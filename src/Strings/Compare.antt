-- ===== src/Strings/Compare.antt =====
-- What the comparisons answer.
use ktux.Base.{ℕ, ◌≡◌, refl, ◌↔◌, ◌≢◌, List, [], ◌∷◌, ◌++◌, ==_refl, length, arith}
use ktux.Base.Int.{pos, sub_ℕ}
use ktux.Strings.{strcmp, strncmp}

-- No character of a string is the NUL that ends it.
abbrev pub IsText : List ℕ → Type 0
IsText [] = Unit
IsText (c ∷ s) = (c ≢ 0) × IsText s

strcmp_refl : (s : List ℕ) → strcmp s s ≡ pos 0
unfolding strcmp
strcmp_refl [] = refl
strcmp_refl (c ∷ s) = rw (==_refl c) (strcmp_refl s)

strcmp-eq : (s t : List ℕ) → IsText s → IsText t → strcmp s t ≡ pos 0 → s ≡ t
unfolding strcmp
strcmp-eq [] [] p q e = refl
strcmp-eq [] (d ∷ t) p q e = absurd (ground arith)
strcmp-eq (c ∷ s) [] p q e = absurd (ground arith)
strcmp-eq (c ∷ s) (d ∷ t) p q e = ground (arith, strcmp-eq s t)

-- For strings without a NUL inside, `strcmp` is 0 exactly if they are equal.
strcmp_zero_iff : (s t : List ℕ) → IsText s → IsText t → (strcmp s t ≡ pos 0) ↔ (s ≡ t)
strcmp_zero_iff s t p q = (strcmp-eq s t p q, λ e. rw e (strcmp_refl t))

-- `strncmp` of two strings that share their first `len` characters is the difference of the next
-- two: the limit does not keep it from comparing one more.
strncmp_overruns :
    (p s t : List ℕ) (c d : ℕ) → strncmp (p ++ c ∷ s) (p ++ d ∷ t) (length p) ≡ sub_ℕ c d
unfolding strncmp
strncmp_overruns [] s t c d = refl
strncmp_overruns (a ∷ p) s t c d = rw (==_refl a) (strncmp_overruns p s t c d)
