-- ===== src/Strings/Tests.antt =====
-- The block operations on a small memory, and the comparisons on short strings.
use ktux.Base.{ℕ, ◌*◌, ◌≡◌, refl, List, [], ◌∷◌, arith}
use ktux.Base.Int.{pos}
use ktux.Strings.{memsetd, strlen, strcmp}
use ktux.Strings.Compare.{IsText}

-- The memory whose word at `p` is `p * 10`.
abbrev tens : ℕ → ℕ
tens p = p * 10

abbrev ti : List ℕ
ti = b't' ∷ b'i' ∷ []

ti-IsText : IsText ti
ti-IsText = (omega arith, (omega arith, tt))

abbrev two_chars : List ℕ
two_chars = 1 ∷ 2 ∷ []

-- A command is not told from its prefix by the sign 1.
strcmp_longer : strcmp (b'a' ∷ b'b' ∷ []) (b'a' ∷ []) ≡ pos 98
unfolding strcmp
strcmp_longer = refl

strlen_two : strlen (b'a' ∷ b'b' ∷ []) ≡ 2
unfolding strlen
strlen_two = refl

memsetd_two : memsetd 4 7 2 tens 5 ≡ 7
unfolding memsetd
memsetd_two = refl
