-- ===== src/Syscall.antt =====
-- src/kernel/syscall.c: the system calls, by the register eax. All but the first do nothing.
use ktux.Base.{ℕ, List, [], ◌∷◌, ◌==◌, if◌then◌else◌}
use ktux.Base.Run.{Run, ok}
use ktux.Stdio.Printers.{words, kprintf}
use ktux.Video.Consoles.{Display}

abbrev pub hello : List ℕ
hello =
    b'h' ∷ b'e' ∷ b'l' ∷ b'l' ∷ b'o' ∷ b' ' ∷ b'f' ∷ b'r' ∷ b'o' ∷ b'm' ∷ b' ' ∷ b's' ∷ b'y' ∷ b's'
    ∷ b'c' ∷ b'a' ∷ b'l' ∷ b'l' ∷ b'_' ∷ b'h' ∷ b'a' ∷ b'n' ∷ b'd' ∷ b'l' ∷ b'e' ∷ b'r' ∷ b'('
    ∷ b')' ∷ b';' ∷ 0x0A ∷ []

unfoldable pub syscall_handler : (ℕ → List ℕ) → ℕ → Display → Run Display
syscall_handler strings eax d = if eax == 0x1 then kprintf (words []) strings hello d else ok d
──────────────────────────────
--- YOUR ASSIGNMENT ---
Output, please, only the lines running from the start of the entries through the line that contains "strcmp_longer : strcmp", including both of those lines.

--- TASK SOLUTION ---
filename src/Strings/Compare.antt
-- ===== src/Strings/Compare.antt =====
-- What the comparisons answer.
use ktux.Base.{ℕ, ◌≡◌, refl, ◌↔◌, ◌≢◌, List, [], ◌∷◌, ◌++◌, ==_refl, length, arith}
use ktux.Base.Int.{pos, sub_ℕ}
use ktux.Strings.{strcmp, strncmp}

-- No character of a string is the NUL that ends it.
abbrev pub IsText : List ℕ → Type 0
IsText [] = Unit
IsText (c ∷ s) = (c ≢ 0) × IsText s

strcmp_refl : (s : List ℕ) → strcmp s s ≡ pos 0
unfolding strcmp
strcmp_refl [] = refl
strcmp_refl (c ∷ s) = rw (==_refl c) (strcmp_refl s)

strcmp-eq : (s t : List ℕ) → IsText s → IsText t → strcmp s t ≡ pos 0 → s ≡ t
unfolding strcmp
strcmp-eq [] [] p q e = refl
strcmp-eq [] (d ∷ t) p q e = absurd (ground arith)
strcmp-eq (c ∷ s) [] p q e = absurd (ground arith)
strcmp-eq (c ∷ s) (d ∷ t) p q e = ground (arith, strcmp-eq s t)

-- For strings without a NUL inside, `strcmp` is 0 exactly if they are equal.
strcmp_zero_iff : (s t : List ℕ) → IsText s → IsText t → (strcmp s t ≡ pos 0) ↔ (s ≡ t)
strcmp_zero_iff s t p q = (strcmp-eq s t p q, λ e. rw e (strcmp_refl t))

-- `strncmp` of two strings that share their first `len` characters is the difference of the next
-- two: the limit does not keep it from comparing one more.
strncmp_overruns :
    (p s t : List ℕ) (c d : ℕ) → strncmp (p ++ c ∷ s) (p ++ d ∷ t) (length p) ≡ sub_ℕ c d
unfolding strncmp
strncmp_overruns [] s t c d = refl
strncmp_overruns (a ∷ p) s t c d = rw (==_refl a) (strncmp_overruns p s t c d)
-- ===== src/Strings/Tests.antt =====
-- The block operations on a small memory, and the comparisons on short strings.
use ktux.Base.{ℕ, ◌*◌, ◌≡◌, refl, List, [], ◌∷◌, arith}
use ktux.Base.Int.{pos}
use ktux.Strings.{memsetd, strlen, strcmp}
use ktux.Strings.Compare.{IsText}

-- The memory whose word at `p` is `p * 10`.
abbrev tens : ℕ → ℕ
tens p = p * 10

abbrev ti : List ℕ
ti = b't' ∷ b'i' ∷ []

ti-IsText : IsText ti
ti-IsText = (omega arith, (omega arith, tt))

abbrev two_chars : List ℕ
two_chars = 1 ∷ 2 ∷ []

-- A command is not told from its prefix by the sign 1.
strcmp_longer : strcmp (b'a' ∷ b'b' ∷ []) (b'a' ∷ []) ≡ pos 98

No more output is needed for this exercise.